EU, UK misread Russia, Lords say

Lord Tugendhat [House of Lords/Roger Harris]

A major report by the House of Lords has accused the UK and EU of “sleep-walking” into the crisis in Ukraine.

The report said the EU must be prepared to increase sanctions on Russia if the situation on the ground deteriorates.

Lord Tugendhat, Chairman of the House of Lords EU Sub-Committee on External Affairs, said a lack of expertise in both the UK Foreign Office and EU led to a “catastrophic misreading of the mood” in Russia in the build up to the crisis.

“EU Member States displayed a worrying lack of political oversight regarding the Commission’s negotiations with Ukraine on the Association Agreement,” said Lord Tugendhat.

The report also condemned the actions of Russia saying “the dismemberment of a sovereign independent state is unacceptable.”

>> Read: Ukraine calls for UN peacekeepers to enforce truce

The reports says Russia is increasingly defining itself as a rival to the EU, something member states had been slow to react to.

NATO expansion and EU expansion have become conflated in Russia, with both perceived as a security threat.

“The EU’s relationship with Russia has for too long been based on the optimistic premise that Russia has been on a trajectory towards becoming a democratic ‘European’ country,” the report said. While the economic relationship between the EU and Russia had flourished, the political partnership and promotion of good governance, the rule of law and economic liberalisation had failed.
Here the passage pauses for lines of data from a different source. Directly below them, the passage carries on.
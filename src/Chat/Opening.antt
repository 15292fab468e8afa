-- ===== src/Chat/Opening.antt =====
-- `openConversation` of frontend/components/admin/chat-workspace.tsx, split at its await, and the poll
-- of a conversation that runs elsewhere.
use gx_notion2api.Prelude.{
  ℕ, ◌+◌, Bool, true, false, ◌&&◌, ◌||◌, Option, none, some, List, [], ◌++◌, Text, txt,
  if◌then◌else◌, any, is_present, or_text, or_else, option_eq, text_eq, take, nat_eq, flag, listed,
}
use gx_notion2api.Types.Models.{ModelItem}
use gx_notion2api.Types.Conversations.{ConversationDetail}
use gx_notion2api.Chat.Targets.{Target, auto, workspace, ChatTarget}
use gx_notion2api.Chat.State.{ChatState, toast, is_held, reset_conversation}

-- What `openConversation` sets before it asks
abbrev pub opening : Text → Text → ChatState → ChatState
opening id draft s = record s {
  load_revision = s.load_revision + 1;
  loading = true;
  error = [];
  load_failed = false;
  remote_running = false;
  quota_open = false;
  conversation_id = id;
  messages = [];
  files = [];
  prompt = draft;
  owner = [];
  target = auto;
  title = txt "加载对话…";
  mobile_open = false;
  renaming_id = [];
  rename_value = [];
  editing_id = [];
  edit_value = [];
}

abbrev pub switch_notice : Text
switch_notice = txt "请先停止当前生成，再切换对话"

-- The state, and the revision of the question if one is asked
unfoldable pub open_conversation : Text → Text → ChatState → ChatState × Option ℕ
open_conversation id draft s =
    if is_held s.abort_ref
    then (toast switch_notice s, none)
    else (opening id draft s, some (s.load_revision + 1))

-- What the question comes to: the item, an `ApiError` with status 404 and the code
-- 'conversation_not_found', or anything else, with the message of an `Error`
pub data LoadAnswer : Type 0 where
  loaded : ConversationDetail → LoadAnswer
  not_found : LoadAnswer
  broken : Option Text → LoadAnswer

-- `item.account_email && item.space_id ? targetID(…) : target`
abbrev pub bound_to : Option Text → Option Text → Target → Target
bound_to (some email) (some id) target =
    if is_present email && is_present id then workspace email id else target
bound_to _ _ target = target

-- `status === 'running' || status === 'queued'`
abbrev pub is_active_status : Option Text → Bool
is_active_status status =
    option_eq status (some (txt "running")) || option_eq status (some (txt "queued"))

-- The first 60 code units of the prompt stand in for a missing title.
abbrev pub short_prompt : Option Text → Option Text
short_prompt none = none
short_prompt (some t) = some (take 60 t)

abbrev pub known_model : List ModelItem → Option Text → Text → Text
known_model models none model = model
known_model models (some id) model =
    if is_present id && any (λ item. text_eq item.id id) models then id else model

unfoldable pub show_item : List ModelItem → ConversationDetail → ChatState → ChatState
show_item models item s = record s {
  messages = listed item.messages;
  owner = or_text item.account_email [];
  title = or_text (or_else item.title (short_prompt item.request_prompt)) (txt "对话");
  remote_only = flag item.remote_only;
  target = bound_to item.account_email item.space_id s.target;
  model = known_model models item.model s.model;
  remote_running = is_active_status item.status;
}

unfoldable pub missing_notice : Text → Text
missing_notice draft = txt "该会话已不存在，已切换到新对话。" ++ (if is_present draft then txt "草稿已保留。" else [])

unfoldable pub handle_answer :
    List ModelItem → List ChatTarget → Text → LoadAnswer → ChatState → ChatState
unfolding show_item missing_notice
handle_answer models targets draft (loaded item) s = show_item models item s
handle_answer models targets draft not_found s =
    toast (missing_notice draft) (reset_conversation targets draft s)
handle_answer models targets draft (broken e) s = record s {
  title = txt "对话加载失败";
  load_failed = true;
  error = elim e [ none ↦ txt "会话加载失败" | some message ↦ message ];
}

-- `mounted.current && revision === loadRevision.current`
unfoldable pub is_current : ℕ → ChatState → Bool
is_current revision s = s.mounted && nat_eq revision s.load_revision

-- `finally`
unfoldable pub end_loading : ℕ → ChatState → ChatState
unfolding is_current
end_loading revision s = if is_current revision s then record s { loading = false } else s

-- `openConversation` after its await
unfoldable pub conversation_came :
    List ModelItem → List ChatTarget → ℕ → Text → LoadAnswer → ChatState → ChatState
unfolding handle_answer end_loading is_current
conversation_came models targets revision draft answer s =
    if is_current revision s
    then end_loading revision (handle_answer models targets draft answer s)
    else s

-- The poll of a conversation that runs elsewhere, unless its effect was cleaned up
unfoldable pub poll_came : Bool → ConversationDetail → ChatState → ChatState
poll_came cancelled item s =
    if cancelled
    then s
    else record s { messages = listed item.messages; remote_running = is_active_status item.status }
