-- ===== src/Chat/Editing.antt =====
-- Renaming, deleting and editing in frontend/components/admin/chat-workspace.tsx, each split at its
-- request. The handlers read `conversationID` as it was when they began; it is an argument of what
-- they do after the request.
pub mod Answers
use gx_notion2api.Prelude.{
  message_or, Bool, true, false, not, ◌&&◌, ◌||◌, Option, none, some, List, [], ◌∷◌, ◌++◌, Text,
  txt, if◌then◌else◌, is_present, is_given, or_text, or_else, option_eq, text_eq, trim, flag,
  listed, find,
}
use gx_notion2api.Types.Conversations.{ConversationMessage, ConversationSummary, ConversationDetail}
use gx_notion2api.Chat.Targets.{ChatTarget}
use gx_notion2api.Chat.State.{ChatState, toast, cancel_rename, cancel_edit, reset_conversation}
use gx_notion2api.Chat.Opening.{is_active_status}

-- `item.title || item.request_prompt || item.preview || '新对话'`
unfoldable pub conversation_label : ConversationSummary → Text
conversation_label item =
    or_text (or_else item.title (or_else item.request_prompt item.preview)) (txt "新对话")

unfoldable pub start_rename : ConversationSummary → ChatState → ChatState
start_rename item s =
    if flag item.remote_only
    then toast (txt "该对话只存在于 Notion，无法在此重命名") s
    else record s { renaming_id = item.id; rename_value = conversation_label item }

abbrev pub is_label : Text → Option ConversationSummary → Bool
is_label next none = true
is_label next (some item) = text_eq next (conversation_label item)

abbrev pub is_item : Text → ConversationSummary → Bool
is_item id entry = text_eq entry.id id

-- `commitRename` up to its request, which carries the new name
unfoldable pub commit_rename : List ConversationSummary → Text → ChatState → ChatState × Option Text
unfolding cancel_rename
commit_rename conversations id s =
    let next = trim s.rename_value in
    if not (is_present next) || is_label next (find (is_item id) conversations)
    then (cancel_rename s, none)
    else (record s { busy_id = id }, some next)

-- `commitRename` after its requests
unfoldable pub rename_came : Text → Text → Text → ChatState → ChatState
unfolding cancel_rename
rename_came id next conversation_id s =
    let named = if text_eq id conversation_id then record s { title = next } else s in
    record (toast (txt "已重命名") (cancel_rename named)) { busy_id = [] }

unfoldable pub rename_failed : Option Text → ChatState → ChatState
rename_failed cause s = record (toast (message_or cause (txt "重命名失败")) s) { busy_id = [] }

-- `removeConversation` up to its request, with the answer to its confirmation
unfoldable pub remove_conversation : Bool → ConversationSummary → ChatState → ChatState × Bool
remove_conversation confirmed item s =
    if flag item.remote_only
    then (toast (txt "该对话只存在于 Notion，无法在此删除") s, false)
    else if not confirmed
    then (s, false)
    else if is_active_status item.status
    then (toast (txt "此对话正在生成，完成后再删除") s, false)
    else (record s { busy_id = item.id }, true)

-- `removeConversation` after its request
unfoldable pub conversation_removed :
    List ChatTarget → ConversationSummary → Text → ChatState → ChatState
unfolding reset_conversation
conversation_removed targets item conversation_id s =
    let left = if text_eq item.id conversation_id then reset_conversation targets [] s else s in
    record (toast (txt "已删除") left) { busy_id = [] }

unfoldable pub removal_failed : Option Text → ChatState → ChatState
removal_failed cause s = record (toast (message_or cause (txt "删除失败")) s) { busy_id = [] }

unfoldable pub start_edit : ConversationMessage → ChatState → ChatState
start_edit message s =
    if not (is_given message.id)
    then s
    else if s.running
    then toast (txt "正在生成，暂时不能编辑") s
    else record s { editing_id = or_text message.id []; edit_value = or_text message.content [] }

-- A request of an edit: the conversation, the message and its new text
pub record Edit : Type 0 where
  pub target_id : Text
  pub message_id : Text
  pub next : Text

-- `commitEdit` up to its request
unfoldable pub commit_edit : ConversationMessage → ChatState → ChatState × Option Edit
unfolding cancel_edit
commit_edit message s =
    let next = trim s.edit_value in
    let edit : Edit = record {
      target_id = s.conversation_id;
      message_id = or_text message.id [];
      next = next;
    } in
    if not (is_present s.conversation_id) || not (is_given message.id)
    then (s, none)
    else if text_eq next (trim (or_text message.content []))
    then (cancel_edit s, none)
    else if not (is_present next)
    then (toast (txt "内容不能为空") s, none)
    else (record s { saving_edit = true }, some edit)

-- `commitEdit` after its request
unfoldable pub edit_came : Text → ConversationDetail → ChatState → ChatState
unfolding cancel_edit
edit_came target_id item s =
    if not s.mounted
    then record s { saving_edit = false }
    else if not (text_eq s.active_conversation_ref target_id)
    then record (toast (txt "已保存") (cancel_edit s)) { saving_edit = false }
    else record (toast (txt "已保存") (cancel_edit s)) {
      messages = listed item.messages;
      title = or_text item.title s.title;
      saving_edit = false;
    }

-- `removeMessage` up to its request, which names the conversation and the message
unfoldable pub remove_message :
    Bool → ConversationMessage → ChatState → ChatState × Option (Text × Text)
remove_message confirmed message s =
    if s.running
      || s.saving_edit
      || s.remote_only
      || not (is_present s.conversation_id)
      || not (is_given message.id)
    then (s, none)
    else if not confirmed
    then (s, none)
    else (record s { saving_edit = true }, some (s.conversation_id, or_text message.id []))

-- `removeMessage` after its request
unfoldable pub message_removed : Text → ConversationDetail → ChatState → ChatState
unfolding cancel_edit
message_removed target_id item s =
    if not s.mounted
    then record s { saving_edit = false }
    else if text_eq s.active_conversation_ref target_id
    then record (toast (txt "已删除本地消息") (cancel_edit s)) {
      messages = listed item.messages;
      saving_edit = false;
    }
    else record (toast (txt "已删除本地消息") s) { saving_edit = false }

-- A failed edit or removal of a message
unfoldable pub save_failed : Text → Option Text → ChatState → ChatState
save_failed fallback cause s = record (toast (message_or cause fallback) s) { saving_edit = false }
The report praised the united response of EU member states towards Russia and called for “intensive dialogue” over the issue of Crimea. It called for the EU to make greater efforts to engage with the Eurasian Union, despite Russia failing to meet its WTO commitments. The report said the current stance risked “creating new dividing lines on the continent.”

>> Read: Russia starts supplying gas to Eastern Ukraine ‘as humanitarian aid’

The Committee stressed the need for the EU to look beyond the present crisis by undertaking work on the terms on which its relationship with Russia should be conducted in the long term. 

“Looking to the future, Ukraine will need a huge assistance package from the EU,” said Lord Tugendhat.

“Ukraine must attempt reform and tackle corruption as part of any deal. Russian corruption too must be confronted.”


The crisis in Ukraine erupted after its former President Viktor Yanukovich cancelled plans to sign trade and political pacts with the EU in November 2013 and instead sought closer ties with Russia, triggering protests that turned bloody and drove him from power.

Moscow annexed Crimea in March following a referendum staged after Russian forces established control over the Black Sea peninsula in the biggest East-West crisis since the Cold War.

Pro-Russian militants control buildings in more than ten towns in eastern Ukraine after launching their uprising on 6 April. On 11 May, pro-Moscow rebels declared a resounding victory in a referendum in Donetsk and Luhansk, which the West called illegal and illegitimate.

The fighting has escalated sharply after Ukrainian President Petro Poroshenko ordered on 1 July an assault on separatists. The EU's resolve to punish Russia strengthened after the downing in Ukraine on 17 July of a Malaysia Airlines passenger plane, killing all 298 people on board. 194 of the passengers were from the Netherlands.

Western leaders say pro-Russian rebels almost certainly shot the airliner down by mistake with a Russian-supplied surface-to-air missile. Moscow has blamed Kyiv for the tragedy.

On 27 August, NATO and the U.S. said Russian incursions into Ukraine took an "overt and obvious form" and on 28 August Poroshenko said Russia had invaded Ukraine.

A cease fire was agreed on 13 February, but appears not to be holding.